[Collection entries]

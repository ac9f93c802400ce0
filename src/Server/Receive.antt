-- ===== src/Server/Receive.antt =====
-- The loop of `sync_file` in MP5/src/csiebox_server.c that receives a file in pieces of up to 4096 bytes.
use mathlib.Core.List.{flatten}
use ntu_sp17fall.Base.{
  ℕ, zero, suc, ◌+◌, ◌-◌, ◌<◌, ◌≤◌, ◌≡◌, refl, List, [], ◌∷◌, Option, none, some, Text, ltb, length,
  take, drop, if◌then◌else◌, arith, Bool-cases, inl, inr, length-drop, take-drop, leb, ltb→lt, ◌⊎◌,
  true, false,
}

unfoldable pub next_length : ℕ → ℕ → ℕ
next_length datalen total = if ltb (datalen - total) 4096 then datalen - total else 4096

-- `stream` is what the connection still holds; a `recv_message` of more than that fails, and ends the
-- loop. The fuel is counted in rounds; `none` is that it ran out.
unfoldable pub receive : ℕ → ℕ → ℕ → Text → Option (List Text)
receive zero total datalen stream = none
receive (suc fuel) total datalen stream =
    let readlen = next_length datalen total in
    let rest : Option (List Text) = receive fuel (total + readlen) datalen (drop readlen stream) in
    if ltb total datalen
    then (if ltb (length stream) readlen
        then some []
        else elim rest [ none ↦ none | some pieces ↦ some (take readlen stream ∷ pieces) ])
    else some []

receive-more :
    (fuel total datalen : ℕ) (stream : Text) (pieces : List Text)
    → ltb total datalen ≡ true
    → ltb (length stream) (next_length datalen total) ≡ false
    → receive fuel
        (total + next_length datalen total)
        datalen
        (drop (next_length datalen total) stream)
      ≡ some pieces
    → receive (suc fuel) total datalen stream
      ≡ some (take (next_length datalen total) stream ∷ pieces)
unfolding receive
receive-more fuel total datalen stream pieces more whole run = rw (receive, more, whole, run) refl

receive-broken :
    (fuel total datalen : ℕ) (stream : Text)
    → ltb total datalen ≡ true
    → ltb (length stream) (next_length datalen total) ≡ true
    → receive (suc fuel) total datalen stream ≡ some []
unfolding receive
receive-broken fuel total datalen stream more broken = rw (receive, more, broken) refl

receive-over :
    (fuel total datalen : ℕ) (stream : Text)
    → ltb total datalen ≡ false
    → receive (suc fuel) total datalen stream ≡ some []
unfolding receive
receive-over fuel total datalen stream over = rw (receive, over) refl

next_length-bounds :
    (datalen total : ℕ)
    → total < datalen
    → (0 < next_length datalen total) × (next_length datalen total ≤ datalen - total)
unfolding next_length
next_length-bounds datalen total h = ground arith

-- Wherever the connection holds the rest of the file, the pieces are that rest, whole and in order.
receive-all :
    (fuel total datalen : ℕ) (stream : Text)
    → datalen - total < fuel
    → datalen - total ≤ length stream
    → (pieces : List Text) × (receive fuel total datalen stream ≡ some pieces)
      × (flatten pieces ≡ take (datalen - total) stream)
unfolding flatten
receive-all zero total datalen stream few enough = absurd (omega arith)
receive-all (suc fuel) total datalen stream few enough = elim (Bool-cases (ltb total datalen)) [
  | inl more ↦
      let readlen = next_length datalen total in
      let (some_read, small) = next_length-bounds datalen total (ltb→lt total datalen more) in
      let (pieces, run, same) =
        receive-all fuel (total + readlen) datalen (drop readlen stream) (omega arith)
          (rw (length-drop readlen stream) (omega arith)) in
      (
        take readlen stream ∷ pieces,
        receive-more fuel total datalen stream pieces more (ground arith) run,
        rw same (
            take-drop readlen (datalen - (total + readlen)) (datalen - total) stream (omega arith)),
      )
  | inr over ↦
      let nothing : datalen - total ≡ 0 = ground arith in
      ([], receive-over fuel total datalen stream over, rw nothing refl)
]

-- Whatever the connection holds, the loop ends: one round more than the missing bytes is enough fuel.
receive-ends :
    (fuel total datalen : ℕ) (stream : Text)
    → datalen - total < fuel
    → (pieces : List Text) × (receive fuel total datalen stream ≡ some pieces)
receive-ends zero total datalen stream few = absurd (omega arith)
receive-ends (suc fuel) total datalen stream few = elim (Bool-cases (ltb total datalen)) [
  | inl more ↦
      let readlen = next_length datalen total in
      let (some_read, small) = next_length-bounds datalen total (ltb→lt total datalen more) in
      let (pieces, run) =
        receive-ends fuel (total + readlen) datalen (drop readlen stream) (omega arith) in
      elim (Bool-cases (ltb (length stream) readlen)) [
        | inl broken ↦ ([], receive-broken fuel total datalen stream more broken)
        | inr whole ↦ (
          take readlen stream ∷ pieces,
          receive-more fuel total datalen stream pieces more whole run,
        )
      ]
  | inr over ↦ ([], receive-over fuel total datalen stream over)
]

-- The loop that receives a file always ends, and where the connection holds the announced bytes, the
-- pieces that it writes are those bytes, whole and in order.
pub receive_lem :
    (datalen : ℕ) (stream : Text)
    → (pieces : List Text) × (receive (suc datalen) 0 datalen stream ≡ some pieces)
      × ((leb datalen (length stream) ≡ false) ⊎ (flatten pieces ≡ take datalen stream))
receive_lem datalen stream = elim (Bool-cases (leb datalen (length stream))) [
  | inl whole ↦
      let (pieces, run, same) =
        receive-all (suc datalen) 0 datalen stream (omega arith) (ground arith) in
      let all : datalen - 0 ≡ datalen = omega arith in (pieces, run, inr (rw all at same))
  | inr short ↦
      let (pieces, run) = receive-ends (suc datalen) 0 datalen stream (omega arith) in
      (pieces, run, inl short)
]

■ TASK INSTRUCTIONS ■
Copy each line of the data above that holds "more".

■ TASK RESPONSE ■
-- `stream` is what the connection still holds; a `recv_message` of more than that fails, and ends the
receive-more :
receive-more fuel total datalen stream pieces more whole run = rw (receive, more, whole, run) refl
receive-broken fuel total datalen stream more broken = rw (receive, more, broken) refl
  | inl more ↦
      let (some_read, small) = next_length-bounds datalen total (ltb→lt total datalen more) in
        receive-more fuel total datalen stream pieces more (ground arith) run,
-- Whatever the connection holds, the loop ends: one round more than the missing bytes is enough fuel.
  | inl more ↦
      let (some_read, small) = next_length-bounds datalen total (ltb→lt total datalen more) in
        | inl broken ↦ ([], receive-broken fuel total datalen stream more broken)
          receive-more fuel total datalen stream pieces more whole run,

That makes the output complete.